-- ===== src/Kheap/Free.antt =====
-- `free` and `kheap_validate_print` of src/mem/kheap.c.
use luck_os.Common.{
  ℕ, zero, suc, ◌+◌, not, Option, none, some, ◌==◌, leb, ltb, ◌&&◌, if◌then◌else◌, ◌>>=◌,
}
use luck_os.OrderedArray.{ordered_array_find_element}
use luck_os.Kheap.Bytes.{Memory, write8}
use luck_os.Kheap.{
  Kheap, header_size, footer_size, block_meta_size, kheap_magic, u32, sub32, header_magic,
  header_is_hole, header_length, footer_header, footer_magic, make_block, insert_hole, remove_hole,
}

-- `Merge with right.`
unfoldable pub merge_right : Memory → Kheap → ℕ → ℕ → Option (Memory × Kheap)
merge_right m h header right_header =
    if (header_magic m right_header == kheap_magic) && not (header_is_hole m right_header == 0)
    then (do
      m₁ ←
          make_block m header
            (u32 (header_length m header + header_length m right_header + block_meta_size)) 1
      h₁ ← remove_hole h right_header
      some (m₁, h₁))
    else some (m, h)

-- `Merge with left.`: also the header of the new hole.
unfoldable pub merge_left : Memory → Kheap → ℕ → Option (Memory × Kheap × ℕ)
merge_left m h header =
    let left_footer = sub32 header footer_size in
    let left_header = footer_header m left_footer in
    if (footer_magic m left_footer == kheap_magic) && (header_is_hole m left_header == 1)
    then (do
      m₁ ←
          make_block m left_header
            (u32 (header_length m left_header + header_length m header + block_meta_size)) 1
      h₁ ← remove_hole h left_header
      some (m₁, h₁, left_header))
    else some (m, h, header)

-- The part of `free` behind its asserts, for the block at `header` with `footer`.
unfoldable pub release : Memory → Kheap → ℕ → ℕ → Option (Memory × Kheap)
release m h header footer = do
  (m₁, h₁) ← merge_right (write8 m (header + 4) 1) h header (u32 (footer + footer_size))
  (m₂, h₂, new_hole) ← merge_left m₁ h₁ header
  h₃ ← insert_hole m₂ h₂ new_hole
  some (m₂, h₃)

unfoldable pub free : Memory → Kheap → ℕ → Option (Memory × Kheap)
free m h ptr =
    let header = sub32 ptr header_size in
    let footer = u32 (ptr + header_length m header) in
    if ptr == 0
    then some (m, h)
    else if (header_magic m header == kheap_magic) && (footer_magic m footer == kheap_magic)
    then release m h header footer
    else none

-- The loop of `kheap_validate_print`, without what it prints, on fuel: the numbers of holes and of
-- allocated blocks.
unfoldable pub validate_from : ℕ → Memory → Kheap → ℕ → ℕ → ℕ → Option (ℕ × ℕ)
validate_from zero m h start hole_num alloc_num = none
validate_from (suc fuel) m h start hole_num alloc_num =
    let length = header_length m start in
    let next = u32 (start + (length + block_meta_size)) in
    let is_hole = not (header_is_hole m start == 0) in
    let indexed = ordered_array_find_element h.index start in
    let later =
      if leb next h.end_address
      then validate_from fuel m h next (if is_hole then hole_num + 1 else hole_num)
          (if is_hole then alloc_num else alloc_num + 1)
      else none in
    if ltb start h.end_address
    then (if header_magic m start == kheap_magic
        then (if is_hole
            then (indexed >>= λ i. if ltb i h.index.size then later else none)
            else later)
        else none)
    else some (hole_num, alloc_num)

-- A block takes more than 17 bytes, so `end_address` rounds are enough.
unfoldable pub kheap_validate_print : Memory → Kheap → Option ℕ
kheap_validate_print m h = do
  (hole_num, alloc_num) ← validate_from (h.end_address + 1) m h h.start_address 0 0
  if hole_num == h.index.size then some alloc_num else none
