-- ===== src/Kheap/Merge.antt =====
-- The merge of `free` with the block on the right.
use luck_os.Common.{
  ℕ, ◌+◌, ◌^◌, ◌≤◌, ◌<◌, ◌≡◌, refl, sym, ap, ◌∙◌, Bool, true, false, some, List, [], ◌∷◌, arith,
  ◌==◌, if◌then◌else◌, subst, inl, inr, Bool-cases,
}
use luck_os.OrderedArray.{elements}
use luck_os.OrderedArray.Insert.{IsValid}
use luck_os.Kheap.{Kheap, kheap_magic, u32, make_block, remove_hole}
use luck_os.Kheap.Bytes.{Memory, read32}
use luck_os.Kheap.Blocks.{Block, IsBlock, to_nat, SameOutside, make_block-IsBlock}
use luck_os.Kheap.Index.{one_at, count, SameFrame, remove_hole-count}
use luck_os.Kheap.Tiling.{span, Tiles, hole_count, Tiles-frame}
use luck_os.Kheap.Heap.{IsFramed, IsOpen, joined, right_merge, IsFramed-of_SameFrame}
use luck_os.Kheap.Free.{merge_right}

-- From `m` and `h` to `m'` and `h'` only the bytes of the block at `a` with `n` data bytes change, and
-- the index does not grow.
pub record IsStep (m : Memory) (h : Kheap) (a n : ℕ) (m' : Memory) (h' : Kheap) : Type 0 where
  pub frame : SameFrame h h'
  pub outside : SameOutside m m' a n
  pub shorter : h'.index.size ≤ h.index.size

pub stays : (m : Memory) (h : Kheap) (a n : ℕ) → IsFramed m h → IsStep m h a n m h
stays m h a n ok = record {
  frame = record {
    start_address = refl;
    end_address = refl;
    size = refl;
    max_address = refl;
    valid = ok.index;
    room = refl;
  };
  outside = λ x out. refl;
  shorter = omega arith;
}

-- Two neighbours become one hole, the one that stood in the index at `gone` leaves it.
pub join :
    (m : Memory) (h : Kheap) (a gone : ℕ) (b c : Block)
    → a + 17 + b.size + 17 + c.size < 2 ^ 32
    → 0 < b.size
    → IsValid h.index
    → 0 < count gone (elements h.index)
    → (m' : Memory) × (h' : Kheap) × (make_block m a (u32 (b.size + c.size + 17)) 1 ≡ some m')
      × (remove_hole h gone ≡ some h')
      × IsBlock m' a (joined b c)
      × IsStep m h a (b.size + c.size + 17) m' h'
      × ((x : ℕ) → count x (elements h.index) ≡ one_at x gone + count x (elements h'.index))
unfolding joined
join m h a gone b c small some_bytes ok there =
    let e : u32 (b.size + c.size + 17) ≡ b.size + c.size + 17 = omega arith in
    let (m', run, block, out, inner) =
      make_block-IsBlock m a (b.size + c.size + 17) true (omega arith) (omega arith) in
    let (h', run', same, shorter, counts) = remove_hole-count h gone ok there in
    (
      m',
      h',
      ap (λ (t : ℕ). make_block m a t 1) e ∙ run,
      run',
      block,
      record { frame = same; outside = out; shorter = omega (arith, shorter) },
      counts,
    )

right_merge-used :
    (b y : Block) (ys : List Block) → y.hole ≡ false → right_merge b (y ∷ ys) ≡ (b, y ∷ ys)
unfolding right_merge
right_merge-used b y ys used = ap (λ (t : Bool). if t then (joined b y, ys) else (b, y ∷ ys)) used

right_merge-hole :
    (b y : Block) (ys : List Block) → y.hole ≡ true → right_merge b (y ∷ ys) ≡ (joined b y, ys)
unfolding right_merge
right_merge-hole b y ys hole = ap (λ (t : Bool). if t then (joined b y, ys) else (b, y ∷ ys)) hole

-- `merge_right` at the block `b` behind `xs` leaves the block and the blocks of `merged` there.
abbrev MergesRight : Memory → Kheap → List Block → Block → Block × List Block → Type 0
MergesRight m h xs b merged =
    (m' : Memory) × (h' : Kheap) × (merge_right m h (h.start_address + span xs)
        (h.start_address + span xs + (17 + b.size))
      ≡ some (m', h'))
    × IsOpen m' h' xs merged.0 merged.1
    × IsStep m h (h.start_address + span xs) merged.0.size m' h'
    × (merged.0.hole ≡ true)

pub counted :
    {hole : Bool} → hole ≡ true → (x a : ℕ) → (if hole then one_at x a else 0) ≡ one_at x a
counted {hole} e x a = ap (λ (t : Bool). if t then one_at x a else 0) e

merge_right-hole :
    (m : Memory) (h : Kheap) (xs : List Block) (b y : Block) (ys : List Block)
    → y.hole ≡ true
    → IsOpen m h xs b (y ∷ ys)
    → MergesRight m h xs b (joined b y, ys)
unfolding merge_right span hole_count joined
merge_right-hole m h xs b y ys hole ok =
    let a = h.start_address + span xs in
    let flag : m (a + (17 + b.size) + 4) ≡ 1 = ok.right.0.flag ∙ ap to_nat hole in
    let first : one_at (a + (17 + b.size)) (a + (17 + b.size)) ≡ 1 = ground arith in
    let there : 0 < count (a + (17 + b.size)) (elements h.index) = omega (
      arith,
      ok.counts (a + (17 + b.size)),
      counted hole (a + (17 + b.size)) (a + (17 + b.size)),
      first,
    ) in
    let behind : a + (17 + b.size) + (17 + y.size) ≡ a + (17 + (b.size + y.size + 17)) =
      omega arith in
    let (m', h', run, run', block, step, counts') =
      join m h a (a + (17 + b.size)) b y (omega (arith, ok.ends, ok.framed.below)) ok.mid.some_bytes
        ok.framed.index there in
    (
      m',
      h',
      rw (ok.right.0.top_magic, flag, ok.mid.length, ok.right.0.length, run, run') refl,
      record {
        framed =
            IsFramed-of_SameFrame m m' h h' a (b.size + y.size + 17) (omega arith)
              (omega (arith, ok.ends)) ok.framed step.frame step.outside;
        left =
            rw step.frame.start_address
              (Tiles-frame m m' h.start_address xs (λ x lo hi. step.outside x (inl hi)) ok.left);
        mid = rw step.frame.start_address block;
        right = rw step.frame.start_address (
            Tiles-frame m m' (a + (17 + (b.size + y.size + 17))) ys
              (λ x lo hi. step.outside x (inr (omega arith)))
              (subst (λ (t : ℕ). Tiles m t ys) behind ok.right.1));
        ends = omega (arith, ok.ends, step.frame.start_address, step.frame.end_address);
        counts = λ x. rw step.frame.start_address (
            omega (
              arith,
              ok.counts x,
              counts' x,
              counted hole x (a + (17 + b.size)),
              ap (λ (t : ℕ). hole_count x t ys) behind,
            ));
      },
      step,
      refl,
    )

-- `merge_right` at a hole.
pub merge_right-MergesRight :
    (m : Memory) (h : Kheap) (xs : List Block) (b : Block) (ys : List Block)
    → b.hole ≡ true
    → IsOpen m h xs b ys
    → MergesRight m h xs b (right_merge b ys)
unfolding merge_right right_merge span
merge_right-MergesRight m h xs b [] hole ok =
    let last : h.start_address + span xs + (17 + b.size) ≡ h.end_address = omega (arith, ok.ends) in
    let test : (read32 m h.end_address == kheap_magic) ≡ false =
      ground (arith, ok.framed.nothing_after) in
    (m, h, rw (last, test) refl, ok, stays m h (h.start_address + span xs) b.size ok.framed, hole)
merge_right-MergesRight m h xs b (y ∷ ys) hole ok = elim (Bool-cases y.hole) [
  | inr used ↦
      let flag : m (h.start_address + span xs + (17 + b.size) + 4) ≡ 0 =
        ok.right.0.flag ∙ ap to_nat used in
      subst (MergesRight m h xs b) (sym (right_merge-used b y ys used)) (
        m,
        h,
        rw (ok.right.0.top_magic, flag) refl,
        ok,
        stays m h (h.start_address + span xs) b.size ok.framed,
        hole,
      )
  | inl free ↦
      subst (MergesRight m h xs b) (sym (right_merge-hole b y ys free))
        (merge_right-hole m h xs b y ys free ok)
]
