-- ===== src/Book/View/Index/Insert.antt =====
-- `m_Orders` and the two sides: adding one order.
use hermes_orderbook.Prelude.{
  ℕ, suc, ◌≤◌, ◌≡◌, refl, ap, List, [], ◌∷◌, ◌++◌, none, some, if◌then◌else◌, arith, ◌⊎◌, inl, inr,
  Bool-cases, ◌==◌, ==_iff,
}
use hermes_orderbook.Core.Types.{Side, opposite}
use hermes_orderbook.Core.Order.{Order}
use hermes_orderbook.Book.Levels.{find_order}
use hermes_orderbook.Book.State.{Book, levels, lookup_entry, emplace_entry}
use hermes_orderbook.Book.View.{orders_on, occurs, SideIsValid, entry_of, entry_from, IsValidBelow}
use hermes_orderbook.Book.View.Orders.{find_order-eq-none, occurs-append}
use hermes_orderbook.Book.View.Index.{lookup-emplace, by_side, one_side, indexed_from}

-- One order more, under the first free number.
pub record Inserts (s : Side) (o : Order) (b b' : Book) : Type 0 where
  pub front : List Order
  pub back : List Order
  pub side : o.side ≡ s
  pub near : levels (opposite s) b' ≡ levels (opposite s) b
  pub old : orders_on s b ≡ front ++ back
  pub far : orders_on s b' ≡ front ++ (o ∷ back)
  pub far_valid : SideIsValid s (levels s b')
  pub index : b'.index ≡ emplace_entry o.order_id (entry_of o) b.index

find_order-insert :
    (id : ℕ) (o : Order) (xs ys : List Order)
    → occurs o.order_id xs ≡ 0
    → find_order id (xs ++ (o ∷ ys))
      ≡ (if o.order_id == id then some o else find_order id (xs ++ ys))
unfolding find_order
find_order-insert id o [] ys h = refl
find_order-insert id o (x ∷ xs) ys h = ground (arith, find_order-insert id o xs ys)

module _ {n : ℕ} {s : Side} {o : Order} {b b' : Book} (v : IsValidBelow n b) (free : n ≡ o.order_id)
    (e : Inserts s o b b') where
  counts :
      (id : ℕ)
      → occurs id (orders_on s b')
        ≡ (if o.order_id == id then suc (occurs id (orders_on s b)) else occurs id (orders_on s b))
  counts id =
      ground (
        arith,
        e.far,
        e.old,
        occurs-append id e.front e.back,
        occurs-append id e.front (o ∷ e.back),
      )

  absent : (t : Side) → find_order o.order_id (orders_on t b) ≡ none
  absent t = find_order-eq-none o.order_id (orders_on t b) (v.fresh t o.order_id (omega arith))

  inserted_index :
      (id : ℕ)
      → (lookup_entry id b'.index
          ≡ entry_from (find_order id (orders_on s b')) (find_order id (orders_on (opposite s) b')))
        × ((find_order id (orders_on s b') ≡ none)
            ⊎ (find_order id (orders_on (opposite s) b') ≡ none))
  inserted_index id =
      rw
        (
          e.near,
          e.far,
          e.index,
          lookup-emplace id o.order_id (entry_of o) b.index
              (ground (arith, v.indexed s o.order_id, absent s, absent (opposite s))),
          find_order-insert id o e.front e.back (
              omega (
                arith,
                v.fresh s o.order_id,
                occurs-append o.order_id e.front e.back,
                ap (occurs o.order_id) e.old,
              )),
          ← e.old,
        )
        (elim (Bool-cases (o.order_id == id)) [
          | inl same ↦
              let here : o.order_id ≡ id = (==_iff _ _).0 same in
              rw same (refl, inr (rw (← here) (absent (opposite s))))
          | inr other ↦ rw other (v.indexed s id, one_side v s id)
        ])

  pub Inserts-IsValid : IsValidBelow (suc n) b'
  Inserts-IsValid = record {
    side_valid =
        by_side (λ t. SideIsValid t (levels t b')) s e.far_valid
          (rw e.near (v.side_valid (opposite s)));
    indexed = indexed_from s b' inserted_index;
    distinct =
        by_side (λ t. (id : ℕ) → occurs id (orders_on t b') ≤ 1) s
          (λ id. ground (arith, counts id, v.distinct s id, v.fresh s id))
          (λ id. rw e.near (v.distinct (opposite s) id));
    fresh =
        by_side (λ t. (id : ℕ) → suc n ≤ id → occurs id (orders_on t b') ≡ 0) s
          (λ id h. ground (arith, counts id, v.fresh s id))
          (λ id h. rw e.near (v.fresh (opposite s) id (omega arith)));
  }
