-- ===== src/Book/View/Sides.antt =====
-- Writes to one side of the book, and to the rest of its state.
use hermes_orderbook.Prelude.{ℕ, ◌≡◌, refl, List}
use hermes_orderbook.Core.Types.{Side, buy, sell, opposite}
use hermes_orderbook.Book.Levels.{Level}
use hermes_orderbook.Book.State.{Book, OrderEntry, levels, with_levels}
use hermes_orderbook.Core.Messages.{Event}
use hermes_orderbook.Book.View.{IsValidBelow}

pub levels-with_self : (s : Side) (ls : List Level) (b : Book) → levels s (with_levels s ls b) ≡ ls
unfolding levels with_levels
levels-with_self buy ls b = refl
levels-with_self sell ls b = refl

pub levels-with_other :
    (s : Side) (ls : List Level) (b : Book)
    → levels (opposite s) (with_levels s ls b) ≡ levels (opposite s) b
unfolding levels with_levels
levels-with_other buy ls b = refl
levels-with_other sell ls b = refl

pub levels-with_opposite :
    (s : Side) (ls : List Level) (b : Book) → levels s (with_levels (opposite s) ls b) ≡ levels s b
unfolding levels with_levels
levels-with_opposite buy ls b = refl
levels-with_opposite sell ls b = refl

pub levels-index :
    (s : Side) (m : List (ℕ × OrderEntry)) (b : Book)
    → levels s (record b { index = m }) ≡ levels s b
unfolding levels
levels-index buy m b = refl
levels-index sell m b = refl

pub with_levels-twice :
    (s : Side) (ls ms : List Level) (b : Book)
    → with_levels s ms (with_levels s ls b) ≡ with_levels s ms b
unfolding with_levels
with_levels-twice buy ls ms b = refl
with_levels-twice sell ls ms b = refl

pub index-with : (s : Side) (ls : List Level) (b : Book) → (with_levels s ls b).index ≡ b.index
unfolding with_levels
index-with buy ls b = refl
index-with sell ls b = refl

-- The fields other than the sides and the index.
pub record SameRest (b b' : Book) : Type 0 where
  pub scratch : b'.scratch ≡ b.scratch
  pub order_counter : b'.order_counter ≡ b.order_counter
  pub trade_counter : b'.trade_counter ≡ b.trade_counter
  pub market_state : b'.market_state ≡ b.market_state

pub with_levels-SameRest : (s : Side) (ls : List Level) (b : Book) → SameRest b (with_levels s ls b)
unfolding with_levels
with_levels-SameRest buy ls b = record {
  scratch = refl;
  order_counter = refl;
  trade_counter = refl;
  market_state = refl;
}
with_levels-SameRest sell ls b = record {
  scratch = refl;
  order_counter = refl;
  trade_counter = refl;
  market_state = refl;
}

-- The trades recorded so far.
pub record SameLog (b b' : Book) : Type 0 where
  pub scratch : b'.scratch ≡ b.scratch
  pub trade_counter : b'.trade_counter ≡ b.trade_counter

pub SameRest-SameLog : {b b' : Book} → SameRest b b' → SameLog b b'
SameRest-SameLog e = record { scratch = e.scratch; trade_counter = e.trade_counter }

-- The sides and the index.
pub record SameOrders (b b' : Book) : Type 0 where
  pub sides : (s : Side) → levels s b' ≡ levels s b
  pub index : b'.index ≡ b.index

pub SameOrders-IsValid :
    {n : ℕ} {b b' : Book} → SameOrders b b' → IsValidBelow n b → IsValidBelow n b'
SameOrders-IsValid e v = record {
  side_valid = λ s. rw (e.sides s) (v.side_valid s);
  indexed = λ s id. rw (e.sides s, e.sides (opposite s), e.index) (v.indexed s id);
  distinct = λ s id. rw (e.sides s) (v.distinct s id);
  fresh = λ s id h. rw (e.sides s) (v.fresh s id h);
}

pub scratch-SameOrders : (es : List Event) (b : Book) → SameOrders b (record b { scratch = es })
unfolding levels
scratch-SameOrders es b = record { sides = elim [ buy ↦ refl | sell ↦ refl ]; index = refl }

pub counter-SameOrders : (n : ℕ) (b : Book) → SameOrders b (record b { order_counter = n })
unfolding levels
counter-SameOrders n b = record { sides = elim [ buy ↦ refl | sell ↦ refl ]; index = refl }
______________________________
AIM OF THE TASK: Go through the listing above and work out how many lines contain the string "Core". Reply with the number alone.

EXERCISE ANSWER: 4